▶ **EXERCISE GOAL**: Your output should consist solely of the lines from the one with "Answered-WholeRules : WholeRules" through the end of the records, reproduced exactly, both ends included.

Collected data entries:
:::

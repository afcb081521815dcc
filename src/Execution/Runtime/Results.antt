-- ===== src/Execution/Runtime/Results.antt =====
-- The results that `execute` returns.
use agent_actum.Base.{Bool-cases, ◌≡◌, ap, ◌∙◌, sym, subst, ◌⊎◌, inl, inr, Option}
use agent_actum.Model.Json.{Value, JsonObject, dumps}
use agent_actum.Model.Exec.{ok, Exec, lift-eq-ok, pure-eq-ok, ◌>>=◌, >>=-eq-ok}
use agent_actum.Model.Host.{Host}
use agent_actum.Contracts.Models.{ActionIntent}
use agent_actum.Idempotency.Models.{IdempotencyClaim}
use agent_actum.Execution.Models.{ExecutionResult, IsCoherent}
use agent_actum.Execution.Runtime.Defs.{decode_execution_result, Runtime, World, Run}
use agent_actum.Execution.Runtime.Stages.{execute}
use agent_actum.Execution.Runtime.Admission.{run_from, execute-receive}
use agent_actum.Execution.Runtime.Paths.{OwnResult, Statement, Steps}
use agent_actum.Execution.Runtime.Paths.Behind.{ClaimRules}
use agent_actum.Execution.Runtime.Paths.Whole.{WholeRules, whole-by}

-- A result that was stored by an earlier run.
abbrev pub Replayed : {L I : Type 0} → Runtime L I → ExecutionResult → Type 0
Replayed rt r = (stored : Value) × (rt.model_validate_json stored ≡ ok r)

abbrev pub GoodResult : {L I : Type 0} → Runtime L I → Run → ExecutionResult → Type 0
GoodResult rt run r = IsCoherent r × (OwnResult run r ⊎ Replayed rt r)

-- What is decoded was read by pydantic.
pub decoded :
    {L I : Type 0} (rt : Runtime L I) (stored : Value) (r : ExecutionResult)
    → decode_execution_result rt stored ≡ ok r
    → rt.model_validate_json stored ≡ ok r
decoded rt stored r e = elim (Bool-cases (dumps stored)) [
  | inl good ↦ rw good at e
  | inr bad ↦ let never = rw bad at e in cc
]

module _ {L I : Type 0} (h : Host) (rt : Runtime L I) (run : Run)
    (valid : (stored : Value) (r : ExecutionResult)
      → rt.model_validate_json stored ≡ ok r
      → IsCoherent r) where
  -- What a run returns is good; where it starts and what it writes does not matter.
  abbrev Answered : Statement h rt run
  Answered n w x = (t : World L I) (a : ExecutionResult) → x ≡ (ok a, t) → GoodResult rt run a

  Answered-bind :
      {B : Type 0} (m : Exec (World L I) B) (f : B → Exec (World L I) ExecutionResult)
      (w : World L I)
      → ((b : B) (u : World L I) → m w ≡ (ok b, u) → Answered 0 u (f b u))
      → Answered 0 w ((m >>= f) w)
  Answered-bind m f w k t a e = let (b, u, first, e') = >>=-eq-ok m f w t e in k b u first t a e'

  Answered-Steps : Steps h rt run Answered
  Answered-Steps = record {
    after = λ B n m f q k w. Answered-bind m f w (λ b u. k b w u);
    event = λ n y x d f k w. Answered-bind _ f w (λ b u _. k b u);
  }

  Answered-ClaimRules : (claim : Option IdempotencyClaim) → ClaimRules h rt run claim Answered
  Answered-ClaimRules claim = record {
    finishing = record {
      steps = Answered-Steps;
      finish = λ n r b w.
          Answered-bind _ _ w
            λ _ u _ t a e. subst (GoodResult rt run) (pure-eq-ok r u t a e) (b.0, inl b.1);
    };
    invoked = λ n tool f k w. Answered-bind _ f w (λ b u _. k b u);
  }

  Answered-WholeRules : WholeRules h rt run Answered
  Answered-WholeRules = record {
    rules = record {
      steps = Answered-Steps;
      ends = λ n r b w t a e. let ((good, own), _) = b a (lift-eq-ok r w t a e) in (good, inl own);
    };
    claim_rules = Answered-ClaimRules;
    reads = λ n stored w t a e.
        let read = decoded rt stored a (ap (λ p. p.0) e) in
        (valid stored a read, inr (stored, read));
    claims = λ n key f k w. Answered-bind _ f w (λ b u _. k b u);
  }

-- A result that `execute` returns is coherent, where pydantic reads back coherent results only; and
-- it is this run's own, with the run's identifiers and the time of its start, or one that pydantic
-- has read from a stored value.
pub execute-GoodResult :
    {L I : Type 0} (h : Host) (rt : Runtime L I) (action : ActionIntent) (context : JsonObject)
    (w w' : World L I) (r : ExecutionResult)
    → ((stored : Value) (s : ExecutionResult) → rt.model_validate_json stored ≡ ok s → IsCoherent s)
    → execute h rt action context w ≡ (ok r, w')
    → GoodResult rt (run_from h action context w.drawn) r
execute-GoodResult h rt action context w w' r valid e =
    let run = run_from h action context w.drawn in
    whole-by h rt run (Answered h rt run valid) (Answered-WholeRules h rt run valid) _ w' r
      (sym (execute-receive h rt action context w) ∙ e)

:::

▶ **RESPONSE FOR THIS EXERCISE**:
  Answered-WholeRules : WholeRules h rt run Answered
  Answered-WholeRules = record {
    rules = record {
      steps = Answered-Steps;
      ends = λ n r b w t a e. let ((good, own), _) = b a (lift-eq-ok r w t a e) in (good, inl own);
    };
    claim_rules = Answered-ClaimRules;
    reads = λ n stored w t a e.
        let read = decoded rt stored a (ap (λ p. p.0) e) in
        (valid stored a read, inr (stored, read));
    claims = λ n key f k w. Answered-bind _ f w (λ b u _. k b u);
  }

-- A result that `execute` returns is coherent, where pydantic reads back coherent results only; and
-- it is this run's own, with the run's identifiers and the time of its start, or one that pydantic
-- has read from a stored value.
pub execute-GoodResult :
    {L I : Type 0} (h : Host) (rt : Runtime L I) (action : ActionIntent) (context : JsonObject)
    (w w' : World L I) (r : ExecutionResult)
    → ((stored : Value) (s : ExecutionResult) → rt.model_validate_json stored ≡ ok s → IsCoherent s)
    → execute h rt action context w ≡ (ok r, w')
    → GoodResult rt (run_from h action context w.drawn) r
execute-GoodResult h rt action context w w' r valid e =
    let run = run_from h action context w.drawn in
    whole-by h rt run (Answered h rt run valid) (Answered-WholeRules h rt run valid) _ w' r
      (sym (execute-receive h rt action context w) ∙ e)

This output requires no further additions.